**MATERIAL TO PROCESS**
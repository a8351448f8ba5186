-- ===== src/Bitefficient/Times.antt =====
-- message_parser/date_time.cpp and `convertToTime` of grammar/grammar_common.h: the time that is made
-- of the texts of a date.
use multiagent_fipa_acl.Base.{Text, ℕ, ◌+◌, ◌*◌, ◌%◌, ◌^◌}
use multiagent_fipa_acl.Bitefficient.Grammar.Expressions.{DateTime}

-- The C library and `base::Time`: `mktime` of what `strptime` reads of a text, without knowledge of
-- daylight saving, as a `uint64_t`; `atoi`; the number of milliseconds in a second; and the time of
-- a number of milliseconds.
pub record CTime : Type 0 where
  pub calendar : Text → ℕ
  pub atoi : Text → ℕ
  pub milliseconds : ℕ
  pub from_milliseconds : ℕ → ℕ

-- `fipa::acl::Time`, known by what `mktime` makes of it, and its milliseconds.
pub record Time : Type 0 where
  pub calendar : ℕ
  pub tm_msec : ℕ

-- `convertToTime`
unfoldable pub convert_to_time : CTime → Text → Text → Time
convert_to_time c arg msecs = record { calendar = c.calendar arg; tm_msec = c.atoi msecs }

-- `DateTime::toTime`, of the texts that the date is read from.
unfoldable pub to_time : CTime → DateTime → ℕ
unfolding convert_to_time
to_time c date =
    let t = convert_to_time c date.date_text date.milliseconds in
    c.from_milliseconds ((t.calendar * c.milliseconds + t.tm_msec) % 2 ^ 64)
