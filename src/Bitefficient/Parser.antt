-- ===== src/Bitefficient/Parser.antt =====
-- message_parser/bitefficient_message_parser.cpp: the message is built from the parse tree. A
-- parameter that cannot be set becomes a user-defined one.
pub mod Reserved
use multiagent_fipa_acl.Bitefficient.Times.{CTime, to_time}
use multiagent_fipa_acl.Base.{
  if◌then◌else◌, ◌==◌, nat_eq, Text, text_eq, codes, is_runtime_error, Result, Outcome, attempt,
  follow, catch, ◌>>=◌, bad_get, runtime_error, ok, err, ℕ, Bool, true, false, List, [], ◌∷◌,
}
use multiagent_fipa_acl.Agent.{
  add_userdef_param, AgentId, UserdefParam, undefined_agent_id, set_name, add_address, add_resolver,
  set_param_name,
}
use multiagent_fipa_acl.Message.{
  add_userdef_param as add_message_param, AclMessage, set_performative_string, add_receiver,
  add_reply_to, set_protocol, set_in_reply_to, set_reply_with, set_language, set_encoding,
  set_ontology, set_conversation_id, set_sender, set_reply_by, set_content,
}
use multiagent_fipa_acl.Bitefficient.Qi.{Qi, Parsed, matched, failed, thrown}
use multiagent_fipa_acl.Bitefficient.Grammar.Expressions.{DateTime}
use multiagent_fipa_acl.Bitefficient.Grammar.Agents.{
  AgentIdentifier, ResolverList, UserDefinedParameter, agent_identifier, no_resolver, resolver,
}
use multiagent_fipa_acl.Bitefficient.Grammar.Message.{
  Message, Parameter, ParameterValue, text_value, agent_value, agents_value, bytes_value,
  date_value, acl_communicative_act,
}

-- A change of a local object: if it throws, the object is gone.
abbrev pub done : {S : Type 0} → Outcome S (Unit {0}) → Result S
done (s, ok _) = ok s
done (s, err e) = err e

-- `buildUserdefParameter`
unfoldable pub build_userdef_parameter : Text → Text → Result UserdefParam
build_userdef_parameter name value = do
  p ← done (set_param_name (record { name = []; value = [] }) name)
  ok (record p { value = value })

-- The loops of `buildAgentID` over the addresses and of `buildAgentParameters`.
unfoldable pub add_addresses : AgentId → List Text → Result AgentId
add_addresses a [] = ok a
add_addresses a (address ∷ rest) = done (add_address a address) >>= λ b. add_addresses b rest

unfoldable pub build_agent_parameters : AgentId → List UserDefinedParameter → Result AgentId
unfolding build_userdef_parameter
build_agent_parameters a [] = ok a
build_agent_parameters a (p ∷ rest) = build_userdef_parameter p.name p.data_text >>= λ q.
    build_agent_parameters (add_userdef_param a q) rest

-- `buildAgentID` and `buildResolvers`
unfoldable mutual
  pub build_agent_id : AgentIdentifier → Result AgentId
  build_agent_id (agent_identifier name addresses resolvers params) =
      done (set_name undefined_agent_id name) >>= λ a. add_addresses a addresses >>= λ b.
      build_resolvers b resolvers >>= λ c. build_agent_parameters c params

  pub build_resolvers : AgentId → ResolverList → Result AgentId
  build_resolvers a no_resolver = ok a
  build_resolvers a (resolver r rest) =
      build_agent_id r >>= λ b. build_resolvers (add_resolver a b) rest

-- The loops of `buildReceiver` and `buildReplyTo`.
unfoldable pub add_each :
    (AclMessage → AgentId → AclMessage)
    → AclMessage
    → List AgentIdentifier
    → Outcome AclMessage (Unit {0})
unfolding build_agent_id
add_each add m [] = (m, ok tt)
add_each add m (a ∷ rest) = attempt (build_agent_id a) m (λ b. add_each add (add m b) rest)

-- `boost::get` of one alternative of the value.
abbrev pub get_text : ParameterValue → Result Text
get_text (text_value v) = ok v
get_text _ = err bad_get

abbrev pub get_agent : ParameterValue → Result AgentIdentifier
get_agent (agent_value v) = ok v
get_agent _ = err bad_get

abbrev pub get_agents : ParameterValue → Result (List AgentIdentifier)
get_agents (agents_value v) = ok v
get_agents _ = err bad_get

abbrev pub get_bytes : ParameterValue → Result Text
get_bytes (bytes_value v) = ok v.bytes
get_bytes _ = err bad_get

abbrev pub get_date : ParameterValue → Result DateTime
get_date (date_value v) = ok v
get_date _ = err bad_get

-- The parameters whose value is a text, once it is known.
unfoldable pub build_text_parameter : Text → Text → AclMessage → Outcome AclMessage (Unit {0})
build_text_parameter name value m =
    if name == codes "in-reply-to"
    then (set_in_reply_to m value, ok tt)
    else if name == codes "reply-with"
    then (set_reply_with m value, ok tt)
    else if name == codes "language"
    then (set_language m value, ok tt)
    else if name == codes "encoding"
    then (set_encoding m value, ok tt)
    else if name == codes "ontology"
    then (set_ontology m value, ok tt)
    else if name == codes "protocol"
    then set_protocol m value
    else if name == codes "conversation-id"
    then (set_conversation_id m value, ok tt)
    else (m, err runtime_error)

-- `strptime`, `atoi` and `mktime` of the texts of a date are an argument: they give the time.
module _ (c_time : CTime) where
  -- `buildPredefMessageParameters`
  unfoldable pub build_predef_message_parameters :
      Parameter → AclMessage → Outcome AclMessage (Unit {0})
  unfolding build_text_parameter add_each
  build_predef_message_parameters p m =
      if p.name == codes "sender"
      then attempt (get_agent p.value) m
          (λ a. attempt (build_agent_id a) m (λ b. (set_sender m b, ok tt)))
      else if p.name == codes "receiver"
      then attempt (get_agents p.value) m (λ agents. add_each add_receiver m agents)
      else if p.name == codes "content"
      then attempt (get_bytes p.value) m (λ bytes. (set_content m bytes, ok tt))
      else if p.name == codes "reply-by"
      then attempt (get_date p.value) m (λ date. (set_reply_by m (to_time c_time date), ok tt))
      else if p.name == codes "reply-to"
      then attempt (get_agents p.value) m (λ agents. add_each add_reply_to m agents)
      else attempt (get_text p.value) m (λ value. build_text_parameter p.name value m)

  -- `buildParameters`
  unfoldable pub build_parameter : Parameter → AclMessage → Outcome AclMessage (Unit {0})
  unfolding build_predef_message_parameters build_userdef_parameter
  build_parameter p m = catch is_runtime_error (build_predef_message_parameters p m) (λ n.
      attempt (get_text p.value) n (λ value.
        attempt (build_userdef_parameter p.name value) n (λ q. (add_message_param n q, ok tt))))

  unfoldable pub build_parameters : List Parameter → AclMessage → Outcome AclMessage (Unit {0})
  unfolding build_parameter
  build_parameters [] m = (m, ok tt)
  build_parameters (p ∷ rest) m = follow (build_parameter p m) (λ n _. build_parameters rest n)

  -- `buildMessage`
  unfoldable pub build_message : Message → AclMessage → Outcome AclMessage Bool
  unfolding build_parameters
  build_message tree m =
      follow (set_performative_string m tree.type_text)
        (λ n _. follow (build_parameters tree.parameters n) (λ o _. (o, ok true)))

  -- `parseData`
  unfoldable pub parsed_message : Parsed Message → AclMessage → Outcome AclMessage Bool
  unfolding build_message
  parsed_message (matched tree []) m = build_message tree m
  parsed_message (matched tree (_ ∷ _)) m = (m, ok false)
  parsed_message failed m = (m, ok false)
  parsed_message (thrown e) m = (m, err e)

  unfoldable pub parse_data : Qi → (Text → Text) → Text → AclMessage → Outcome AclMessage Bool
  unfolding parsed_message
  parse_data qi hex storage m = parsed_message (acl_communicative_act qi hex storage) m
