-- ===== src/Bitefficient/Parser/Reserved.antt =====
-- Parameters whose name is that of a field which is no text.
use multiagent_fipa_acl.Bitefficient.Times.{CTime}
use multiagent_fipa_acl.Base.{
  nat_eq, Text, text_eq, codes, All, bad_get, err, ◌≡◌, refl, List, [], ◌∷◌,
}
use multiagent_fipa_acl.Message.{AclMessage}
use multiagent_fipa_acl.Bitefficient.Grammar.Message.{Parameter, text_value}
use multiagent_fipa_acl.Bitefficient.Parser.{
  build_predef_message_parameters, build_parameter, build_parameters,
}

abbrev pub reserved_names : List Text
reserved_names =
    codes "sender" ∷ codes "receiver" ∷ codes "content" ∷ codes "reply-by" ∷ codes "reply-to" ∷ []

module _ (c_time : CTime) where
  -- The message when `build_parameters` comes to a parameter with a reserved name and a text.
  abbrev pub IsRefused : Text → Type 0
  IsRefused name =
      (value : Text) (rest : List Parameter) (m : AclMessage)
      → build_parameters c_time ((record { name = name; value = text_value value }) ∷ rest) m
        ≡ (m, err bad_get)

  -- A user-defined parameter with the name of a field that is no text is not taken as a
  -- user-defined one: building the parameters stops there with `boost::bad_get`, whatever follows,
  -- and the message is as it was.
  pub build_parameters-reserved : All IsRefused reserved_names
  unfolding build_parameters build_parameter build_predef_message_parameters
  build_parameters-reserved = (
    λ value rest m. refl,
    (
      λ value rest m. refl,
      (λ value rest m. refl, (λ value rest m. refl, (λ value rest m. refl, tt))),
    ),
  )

**GOAL OF THE EXERCISE**
Copy out each line carrying the string "refl" from the data.

**WRITTEN ANSWER**
  nat_eq, Text, text_eq, codes, All, bad_get, err, ◌≡◌, refl, List, [], ◌∷◌,
    λ value rest m. refl,
      λ value rest m. refl,
      (λ value rest m. refl, (λ value rest m. refl, (λ value rest m. refl, tt))),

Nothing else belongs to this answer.